[Opening Data extract section]

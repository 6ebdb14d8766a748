-- ===== src/DataInfo/Replies.antt =====
-- Which replies one receive of server/datainfo_server.c takes in.
use rmt_library.Common.{
  ℕ, ◌+◌, ◌≤◌, ◌≡◌, if◌then◌else◌, leb, none, some, List, [], ◌∷◌, ◌++◌, arith, length,
  length-append, drop,
}
use mathlib.Core.List.{append-nil, append_assoc}
use rmt_library.Types.{Entry, Request, Reply}
use rmt_library.Transport.{Taken, try_recv_instance}
use rmt_library.Transport.Receive.{samples, stopped, stop_code, deliver, try_recv_instance_lem}
use rmt_library.DataInfo.{answers, entry, recv_reply}

-- the entries for the answers to a request among some samples
abbrev pub entries : Request → List (Taken Reply) → List Entry
entries req [] = []
entries req (t ∷ takes) =
    if answers req t.sample then entry t.sample ∷ entries req takes else entries req takes

-- A run of samples is taken in exactly if the answers among them fit the buffer: then each of them is
-- appended, in order, and else a write leaves the buffer.
pub deliver-recv_reply :
    (req : Request) (size : ℕ) (takes : List (Taken Reply)) (replys : List Entry)
    → length replys ≤ size
    → deliver (λ t. recv_reply req size t.sample) takes replys ≡ (
        if leb (length replys + length (entries req takes)) size
        then some (replys ++ entries req takes)
        else none)
unfolding recv_reply
deliver-recv_reply req size [] replys h = ground (arith, append-nil replys)
deliver-recv_reply req size (t ∷ takes) replys h =
    let grown = replys ++ entry t.sample ∷ [] in
    ground (
      arith,
      deliver-recv_reply req size takes replys h,
      deliver-recv_reply req size takes grown,
      length-append replys (entry t.sample ∷ []),
      append_assoc replys (entry t.sample ∷ []) (entries req takes),
    )

-- One receive of `dds_transport_try_recv_instance` with `recv_reply`.
pub receive_lem :
    (req : Request) (size : ℕ) (takes : List (Taken Reply)) (replys : List Entry)
    → length replys ≤ size
    → try_recv_instance (recv_reply req size) takes replys ≡ (
        if leb (length replys + length (entries req (samples takes))) size
        then some (
          stop_code (stopped takes),
          replys ++ entries req (samples takes),
          drop 1 (stopped takes),
        )
        else none)
receive_lem req size takes replys h = ground (
  arith,
  try_recv_instance_lem (recv_reply req size) takes replys,
  deliver-recv_reply req size (samples takes) replys h,
)
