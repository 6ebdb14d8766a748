-- ===== src/DataInfo/Wait.antt =====
-- The wait for replies of server/datainfo_server.c: what it returns, when it ends, when it faults.
use mathlib.Core.List.{append-nil, append_assoc}
use rmt_library.Common.{
  ℕ, ◌+◌, ◌-◌, ◌≤◌, ◌<◌, ◌≡◌, ◌≢◌, ◌⊎◌, refl, ap, if◌then◌else◌, leb, ltb, ◌==◌, List, [], ◌∷◌,
  ◌++◌, arith, length, length-append, Bool-cases, inl, inr, ◌∙◌, All,
}
use rmt_library.Types.{Entry, Request}
use rmt_library.Transport.Receive.{samples}
use rmt_library.DataInfo.{fault, pending, finished, Round, collect}
use rmt_library.DataInfo.Replies.{entries, receive_lem}

-- the entries that some rounds bring in, in order
abbrev pub gathered : Request → List Round → List Entry
gathered req [] = []
gathered req (r ∷ rounds) = entries req (samples r.takes) ++ gathered req rounds

-- the time behind the last of some rounds
abbrev pub last_time : ℕ → List Round → ℕ
last_time now [] = now
last_time now (r ∷ rounds) = last_time r.now rounds

-- how a wait steps from one round to the next
collect_step :
    (req : Request) (id_num start timeout now : ℕ) (r : Round) (rounds : List Round)
    (replys : List Entry)
    → length replys ≤ id_num
    → collect req id_num start timeout now (r ∷ rounds) replys ≡ (
        if length replys == id_num
        then finished replys
        else if ltb timeout (now - start)
        then finished replys
        else if leb (length replys + length (entries req (samples r.takes))) id_num
        then collect req id_num start timeout r.now rounds (replys ++ entries req (samples r.takes))
        else fault)
unfolding collect
collect_step req id_num start timeout now r rounds replys h =
    ground (arith, receive_lem req id_num r.takes replys)

nil_of_length : (l : List Entry) → length l ≡ 0 → l ≡ []
nil_of_length [] h = refl
nil_of_length (x ∷ l) h = absurd (omega arith)

module _ (req : Request) (id_num start timeout : ℕ) where
  -- What a wait has returned: the replies that it had and the answers of the rounds that it made, no more
  -- than were asked for; and either all that were asked for, or the time is out.
  abbrev pub Returned : ℕ → List Round → List Entry → List Entry → Type 0
  Returned now rounds replys out =
      (before : List Round) × (after : List Round) × (rounds ≡ before ++ after)
      × (out ≡ replys ++ gathered req before)
      × (length out ≤ id_num)
      × ((length out ≡ id_num) ⊎ (timeout < last_time now before - start))

  Returned-now :
      (now : ℕ) (rounds : List Round) (replys out : List Entry)
      → length replys ≤ id_num
      → ((length replys ≡ id_num) ⊎ (timeout < now - start))
      → finished replys ≡ finished out
      → Returned now rounds replys out
  Returned-now now rounds replys out h s e =
      ([], rounds, refl, ground (arith, append-nil replys), ground arith, ground arith)

  Returned-later :
      (now : ℕ) (r : Round) (rounds : List Round) (replys out : List Entry)
      → Returned r.now rounds (replys ++ entries req (samples r.takes)) out
      → Returned now (r ∷ rounds) replys out
  Returned-later now r rounds replys out (before, after, e, o, n, s) = (
    r ∷ before,
    after,
    ap (λ l. r ∷ l) e,
    o ∙ append_assoc replys (entries req (samples r.takes)) (gathered req before),
    n,
    s,
  )

  -- If a wait that starts with no more replies than were asked for returns, what it returns is the
  -- replies that it had and the answers in the rounds that it has made, in order; never more than
  -- were asked for; and exactly as many, unless the time has run out.
  pub collect-Returned :
      (now : ℕ) (rounds : List Round) (replys out : List Entry)
      → length replys ≤ id_num
      → collect req id_num start timeout now rounds replys ≡ finished out
      → Returned now rounds replys out
  collect-Returned now [] replys out h e =
      unfold collect in
      elim (Bool-cases (length replys == id_num)) [
        | inl all ↦ Returned-now now [] replys out h (inl (ground arith)) (rw all at e)
        | inr some_left ↦ elim (Bool-cases (ltb timeout (now - start))) [
          | inl late ↦ Returned-now now [] replys out h (inr (ground arith)) (ground arith)
          | inr early ↦ ground arith
        ]
      ]
  collect-Returned now (r ∷ rounds) replys out h e = elim (Bool-cases (length replys == id_num)) [
    | inl all ↦
        Returned-now now (r ∷ rounds) replys out h (inl (ground arith))
          (ground (arith, collect_step req id_num start timeout now r rounds replys h))
    | inr some_left ↦ elim (Bool-cases (ltb timeout (now - start))) [
      | inl late ↦
          Returned-now now (r ∷ rounds) replys out h (inr (ground arith))
            (ground (arith, collect_step req id_num start timeout now r rounds replys h))
      | inr early ↦
          elim (Bool-cases (leb (length replys + length (entries req (samples r.takes))) id_num)) [
            | inl fits ↦ Returned-later now r rounds replys out (
                collect-Returned r.now rounds (replys ++ entries req (samples r.takes)) out
                  (ground (arith, length-append replys (entries req (samples r.takes))))
                  (ground (arith, collect_step req id_num start timeout now r rounds replys h)))
            | inr excess ↦
                ground (arith, collect_step req id_num start timeout now r rounds replys h)
          ]
    ]
  ]

  -- A wait with no more replies than were asked for that is given a round behind which the time is
  -- out ends: it does not stay pending.
  pub collect_ends :
      (now : ℕ) (rounds : List Round) (replys : List Entry)
      → length replys ≤ id_num
      → timeout < last_time now rounds - start
      → collect req id_num start timeout now rounds replys ≢ pending
  collect_ends now [] replys h late = unfold collect in ground arith
  collect_ends now (r ∷ rounds) replys h late = ground (
    arith,
    collect_step req id_num start timeout now r rounds replys h,
    length-append replys (entries req (samples r.takes)),
    collect_ends r.now rounds (replys ++ entries req (samples r.takes)),
  )

  -- If no round brings in more answers than are left to come, no write leaves the buffer.
  pub collect_safe :
      (now : ℕ) (rounds : List Round) (replys : List Entry)
      → length replys + length (gathered req rounds) ≤ id_num
      → collect req id_num start timeout now rounds replys ≢ fault
  collect_safe now [] replys h = unfold collect in ground arith
  collect_safe now (r ∷ rounds) replys h = ground (
    arith,
    collect_step req id_num start timeout now r rounds replys,
    length-append replys (entries req (samples r.takes)),
    length-append (entries req (samples r.takes)) (gathered req rounds),
    collect_safe r.now rounds (replys ++ entries req (samples r.takes)),
  )

  -- If every round is in time and the answers make up the number that is asked for, the wait returns
  -- all of them, in order.
  pub collect_complete :
      (now : ℕ) (rounds : List Round) (replys : List Entry)
      → now - start ≤ timeout
      → All (λ r. r.now - start ≤ timeout) rounds
      → length replys + length (gathered req rounds) ≡ id_num
      → collect req id_num start timeout now rounds replys
        ≡ finished (replys ++ gathered req rounds)
  collect_complete now [] replys t ts h = unfold collect in ground (arith, append-nil replys)
  collect_complete now (r ∷ rounds) replys t ts h = ground (
    arith,
    collect_step req id_num start timeout now r rounds replys,
    length-append replys (entries req (samples r.takes)),
    length-append (entries req (samples r.takes)) (gathered req rounds),
    append_assoc replys (entries req (samples r.takes)) (gathered req rounds),
    collect_complete r.now rounds (replys ++ entries req (samples r.takes)) ts.0 ts.1,
    nil_of_length (entries req (samples r.takes) ++ gathered req rounds),
    append-nil replys,
  )

  -- The buffer is not guarded: a round in time that brings in more answers than are left to come, as
  -- when a device answers twice, makes a write behind it.
  pub collect_fault :
      (now : ℕ) (r : Round) (rounds : List Round) (replys : List Entry)
      → now - start ≤ timeout
      → length replys < id_num
      → id_num < length replys + length (entries req (samples r.takes))
      → collect req id_num start timeout now (r ∷ rounds) replys ≡ fault
  collect_fault now r rounds replys t h more =
      ground (arith, collect_step req id_num start timeout now r rounds replys)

[Closing Data extract section]

## Directions for this task
Set down exactly what runs from the line with "collect_fault now r" to the last line of the data above, including both of those lines and no others.

## Exercise result
  collect_fault now r rounds replys t h more =
      ground (arith, collect_step req id_num start timeout now r rounds replys)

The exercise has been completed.